Each line of the data below that carries the word "List" needs to be copied.

________________________________________

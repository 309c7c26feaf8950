-- ===== src/Inventory/Success.antt =====
-- When a movement of backend/app/modules/inventory/service.py goes through.
use retail_os.Inventory.Policy.{request_key, balance}
use retail_os.Company.Models.{Warehouse}
use retail_os.Inventory.Posting.{Target}
use retail_os.Inventory.Operations.{movement, issue, receive, StockRequest}
use retail_os.Core.Returns.{Returns-raise_if, Returns-run, Returns}
use retail_os.Prelude.Rows.{update_where, select_one}
use retail_os.Inventory.Statements.{with_levels}
use retail_os.Inventory.Models.{stock_out, stock_in, MovementType, StockLevel}
use retail_os.Inventory.Balance.{quantity_of}
use retail_os.Inventory.Effects.{Allows}
use retail_os.Prelude.Int.{InInt32-in_int32, neg, InInt32, ◌<ℤ◌, int_laws, pos, ◌+ℤ◌, in_int32, ℤ}
use retail_os.Catalog.Models.{ProductVariant, Product}
use retail_os.Prelude.{
  sym, subst, inr, [], ◌∷◌, ◌++◌, inl, Option-cases, ◌+◌, refl, List, arith, true, ◌≡◌, ℕ,
}
use retail_os.Core.Session.{ok, Session, ◌>>=◌, M}
use retail_os.Inventory.Service.{
  get_variant_and_product, get_warehouse, ledger_row, movement_key, Movement, record_delta_movement,
  write_ledger_row, check_policy,
}
use retail_os.Inventory.StockLevelRepository.{add_quantity, new_level, is_level, Key, upsert_delta}

zero_+ : (d : ℤ) → pos 0 +ℤ d ≡ d
zero_+ d = omega int_laws

upsert_delta-ok :
    (id : ℕ) (k : Key) (d : ℤ) (s : Session)
    → in_int32 d ≡ true
    → in_int32 (quantity_of k s.db.stock_levels +ℤ d) ≡ true
    → (levels : List StockLevel) × (upsert_delta id k d s
        ≡ (ok (quantity_of k s.db.stock_levels +ℤ d), with_levels s s.next_id levels))
unfolding upsert_delta ◌>>=◌
upsert_delta-ok id k d s fd fq = elim (Option-cases (select_one (is_level k) s.db.stock_levels)) [
  | inl e ↦ rw (fd, e) (s.db.stock_levels ++ new_level id k d ∷ [], rw (zero_+ d) refl)
  | inr (l, e) ↦
      rw (fd, e, rw e at fq) (update_where (is_level k) (add_quantity d) s.db.stock_levels, refl)
]

check_policy-ok : (p : Product) (q : ℤ) (s : Session) → Allows p q → check_policy p q s ≡ (ok tt, s)
unfolding check_policy ◌>>=◌
check_policy-ok p q s a = ground arith

write_ledger_row-ok :
    (m : Movement) (d q : ℤ) (s : Session)
    → in_int32 d ≡ true
    → in_int32 q ≡ true
    → (s' : Session) × (write_ledger_row m d q s ≡ (ok (ledger_row m d q s.next_id s.now), s'))
unfolding write_ledger_row ◌>>=◌
write_ledger_row-ok m d q s fd fq = rw (fd, fq) (_, refl)

record_delta_movement-Returns :
    (m : Movement) (p : Product) (d : ℤ) (s : Session)
    → (let q = quantity_of (movement_key m) s.db.stock_levels +ℤ d in
        Allows p q
        → in_int32 d ≡ true
        → in_int32 q ≡ true
        → Returns (record_delta_movement m p d) s)
unfolding record_delta_movement
record_delta_movement-Returns m p d s a fd fq =
    let s₁ : Session = record s { next_id = s.next_id + 1 } in
    let q = quantity_of (movement_key m) s.db.stock_levels +ℤ d in
    let (levels, e) = upsert_delta-ok s.next_id (movement_key m) d s₁ fd fq in
    let s₂ = with_levels s₁ s₁.next_id levels in
    let (s', w) = write_ledger_row-ok m d q s₂ fd fq in
    Returns-run _ _ s s.next_id s₁ refl
      (Returns-run _ _ s₁ q s₂ e (Returns-run _ _ s₂ tt s₂ (check_policy-ok p q s₂ a) (_, s', w)))

module _ (r : StockRequest) (s : Session) (x : Target r s) where
  warehouse_found : get_warehouse r.company_id r.warehouse_id s ≡ (ok x.warehouse, s)
  unfolding get_warehouse ◌>>=◌
  warehouse_found = rw x.finds_warehouse refl

  variant_found :
      get_variant_and_product r.company_id r.product_variant_id s ≡ (ok (x.variant, x.product), s)
  unfolding get_variant_and_product
  variant_found = ground (arith, x.finds_product)

  lookups-Returns :
      {B : Type 0} (f : Warehouse → ProductVariant × Product → M B)
      → Returns (f x.warehouse (x.variant, x.product)) s
      → Returns
          (get_warehouse r.company_id r.warehouse_id >>= λ w.
            get_variant_and_product r.company_id r.product_variant_id >>= f w)
          s
  lookups-Returns f h =
      Returns-run _ _ s x.warehouse s warehouse_found
        (Returns-run _ _ s (x.variant, x.product) s variant_found h)

  -- the movement of the requested balance
  movement-Returns :
      (movement_type : MovementType) (d : ℤ)
      → Allows x.product (balance r s +ℤ d)
      → in_int32 d ≡ true
      → in_int32 (balance r s +ℤ d) ≡ true
      → Returns
          (record_delta_movement (movement r x.warehouse x.variant movement_type) x.product d)
          s
  unfolding balance
  movement-Returns movement_type d a fd fq =
      let m = movement r x.warehouse x.variant movement_type in
      let same = request_key r s x movement_type in
      record_delta_movement-Returns m x.product d s
        (subst (λ k. Allows x.product (quantity_of k s.db.stock_levels +ℤ d)) (sym same) a) fd
        (subst (λ k. in_int32 (quantity_of k s.db.stock_levels +ℤ d) ≡ true) (sym same) fq)

  -- A stock-in of a positive quantity goes through when its warehouse, variant and product are
  -- found, the policy of the product allows the new balance, and both numbers fit their columns.
  pub receive-succeeds :
      pos 0 <ℤ r.quantity
      → Allows x.product (balance r s +ℤ r.quantity)
      → InInt32 r.quantity
      → InInt32 (balance r s +ℤ r.quantity)
      → Returns (receive r) s
  unfolding receive
  receive-succeeds h a fd fq = Returns-raise_if _ _ _ s (ground arith) (
      lookups-Returns _
        (movement-Returns stock_in r.quantity a (InInt32-in_int32 _ fd) (InInt32-in_int32 _ fq)))

  -- A stock-out of a positive quantity goes through when its warehouse, variant and product are
  -- found, the policy of the product allows the new balance, and both numbers fit their columns.
  pub issue-succeeds :
      pos 0 <ℤ r.quantity
      → Allows x.product (balance r s +ℤ neg r.quantity)
      → InInt32 (neg r.quantity)
      → InInt32 (balance r s +ℤ neg r.quantity)
      → Returns (issue r) s
  unfolding issue
  issue-succeeds h a fd fq = Returns-raise_if _ _ _ s (ground arith) (
      lookups-Returns _ (
        movement-Returns stock_out (neg r.quantity) a (InInt32-in_int32 _ fd)
          (InInt32-in_int32 _ fq)))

________________________________________

** Output for this exercise **
  sym, subst, inr, [], ◌∷◌, ◌++◌, inl, Option-cases, ◌+◌, refl, List, arith, true, ◌≡◌, ℕ,
    → (levels : List StockLevel) × (upsert_delta id k d s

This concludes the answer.